Can you explain "this is bug" for me. The routine was __init_refok and
therefore ! __init and therefore always present. The logic there must
guarentee it only calls the bootmem allocator in early boot, and the logic
has not changed with the annotation change so it should have been safe.
If by "this is bug" you are saying this is the cause of the warning then
yes that is true, else could you elaborate.

> 4. add wrapper function to call bootmem allocator without warning.
>
> After seeing "3", I thought simple __init_refok is dangerous and decided to
> add wrapper function to call bootmem, is this style acceptable ?

The point of that wrapper being you only allow calls to that one function
to be __init_refok, and all other function calls in the calling function
will be checked as that function remains __init/__meminit or not as
appropriate. That seems like a good idea.

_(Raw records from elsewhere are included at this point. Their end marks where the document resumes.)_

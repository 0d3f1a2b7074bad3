-- ===== src/Shield/Sanitizer/AwsRuns.antt =====
-- sanitizer.rs: the runs that `aws_secret_runs` reports.
use project_black_monolith.Prelude.{
  ℕ, zero, suc, ◌+◌, ◌-◌, ◌≡◌, refl, sym, ap, ◌∙◌, ◌⊎◌, inl, inr, Bool, true, false, List, [], ◌∷◌,
  ◌++◌, arith, length, ◌==◌, Bool-cases, length-append,
}
use mathlib.Core.List.{append_assoc}
use project_black_monolith.Text.{Text, take_while, drop_while, as_bytes}
use project_black_monolith.Text.Search.{All}
use project_black_monolith.Shield.Sanitizer.AwsSecrets.{
  aws_secret_key_len, is_aws_secret_alphabet, runs_from, aws_secret_runs,
}

-- A text that does not start, or end, with a character of the alphabet
abbrev pub StartsOutside : List ℕ → Type 0
StartsOutside [] = Unit
StartsOutside (c ∷ s) = is_aws_secret_alphabet c ≡ false

abbrev pub EndsOutside : List ℕ → Type 0
EndsOutside [] = Unit
EndsOutside (c ∷ []) = is_aws_secret_alphabet c ≡ false
EndsOutside (c ∷ d ∷ s) = EndsOutside (d ∷ s)

-- The bytes from `start` to `end` are a run of 40 characters of the alphabet, between others.
abbrev pub IsRun : List ℕ → ℕ × ℕ → Type 0
IsRun bytes (start, end) =
    (before run after : List ℕ) × (bytes ≡ before ++ (run ++ after))
    × (length before ≡ start)
    × (end ≡ start + 40)
    × (length run ≡ 40)
    × All (λ c. is_aws_secret_alphabet c ≡ true) run
    × EndsOutside before
    × StartsOutside after

take_while-drop_while : (test : ℕ → Bool) (s : List ℕ) → take_while test s ++ drop_while test s ≡ s
unfolding take_while drop_while
take_while-drop_while test [] = refl
take_while-drop_while test (c ∷ s) = elim (Bool-cases (test c)) [
  | inl pass ↦ rw (pass, take_while-drop_while test s) refl
  | inr fail ↦ rw fail refl
]

take_while-All : (test : ℕ → Bool) (s : List ℕ) → All (λ c. test c ≡ true) (take_while test s)
unfolding take_while
take_while-All test [] = tt
take_while-All test (c ∷ s) = elim (Bool-cases (test c)) [
  | inl pass ↦ rw (pass, take_while) (pass, take_while-All test s)
  | inr fail ↦ rw (fail, take_while) tt
]

drop_while-StartsOutside : (s : List ℕ) → StartsOutside (drop_while is_aws_secret_alphabet s)
unfolding drop_while
drop_while-StartsOutside [] = tt
drop_while-StartsOutside (c ∷ s) = elim (Bool-cases (is_aws_secret_alphabet c)) [
  | inl pass ↦ rw (pass, drop_while) (drop_while-StartsOutside s)
  | inr fail ↦ rw (fail, drop_while) fail
]

EndsOutside-append :
    (s : List ℕ) (b : ℕ) → is_aws_secret_alphabet b ≡ false → EndsOutside (s ++ b ∷ [])
EndsOutside-append [] b other = other
EndsOutside-append (c ∷ []) b other = other
EndsOutside-append (c ∷ d ∷ s) b other = EndsOutside-append (d ∷ s) b other

-- Every run that the loop reports is one, if it starts where the bytes before are over.
runs_from-All-IsRun :
    (bytes before : List ℕ) (fuel start : ℕ) (s : List ℕ)
    → bytes ≡ before ++ s
    → length before ≡ start
    → EndsOutside before ⊎ StartsOutside s
    → All (IsRun bytes) (runs_from fuel start s)
unfolding runs_from
runs_from-All-IsRun bytes before zero start s e size outside = tt
runs_from-All-IsRun bytes before (suc fuel) start [] e size outside = tt
runs_from-All-IsRun bytes before (suc fuel) start (b ∷ s) e size outside =
    elim (Bool-cases (is_aws_secret_alphabet b)) [
      | inr other ↦
          rw (other, runs_from)
            (runs_from-All-IsRun bytes (before ++ b ∷ []) fuel (suc start) s
              (e ∙ sym (append_assoc before (b ∷ []) s))
              (length-append before (b ∷ []) ∙ omega arith)
              (inl (EndsOutside-append before b other)))
      | inl inside ↦
          let run = b ∷ take_while is_aws_secret_alphabet s in
          let rest = drop_while is_aws_secret_alphabet s in
          let cut : bytes ≡ before ++ (run ++ rest) =
            rw (take_while-drop_while is_aws_secret_alphabet s) e in
          let later =
            runs_from-All-IsRun bytes (before ++ run) fuel (start + length run) rest
              (cut ∙ sym (append_assoc before run rest)) (length-append before run ∙ omega arith)
              (inr (drop_while-StartsOutside s)) in
          let before_outside : EndsOutside before = elim outside [
            | inl ends ↦ ends
            | inr starts ↦ absurd (cc (starts, inside))
          ] in
          elim (Bool-cases (start + length run - start == aws_secret_key_len)) [
            | inr other ↦ rw (inside, runs_from, other) later
            | inl forty ↦
                let long : length run ≡ 40 = ground arith in
                rw (inside, runs_from, forty)
                  (
                    (
                      before,
                      run,
                      rest,
                      cut,
                      size,
                      ap (λ n. start + n) long,
                      long,
                      (inside, take_while-All is_aws_secret_alphabet s),
                      before_outside,
                      drop_while-StartsOutside s,
                    ),
                    later,
                  )
          ]
    ]

pub aws_secret_runs-All-IsRun : (text : Text) → All (IsRun (as_bytes text)) (aws_secret_runs text)
unfolding aws_secret_runs
aws_secret_runs-All-IsRun text =
    runs_from-All-IsRun (as_bytes text) [] (length (as_bytes text)) 0 (as_bytes text) refl refl
      (inl tt)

Also any code which is __init_refok is implicitly in its own section.
I assume that means it cannot be __init, ie any function so declared will
never be freed even if otherwise it might be __init. In this case the
calling function would naturally be __meminit, ie __init if hotplug is
not enabled. Moving the one call to a separate function makes the code
non-__init'able smaller. That sounds good too.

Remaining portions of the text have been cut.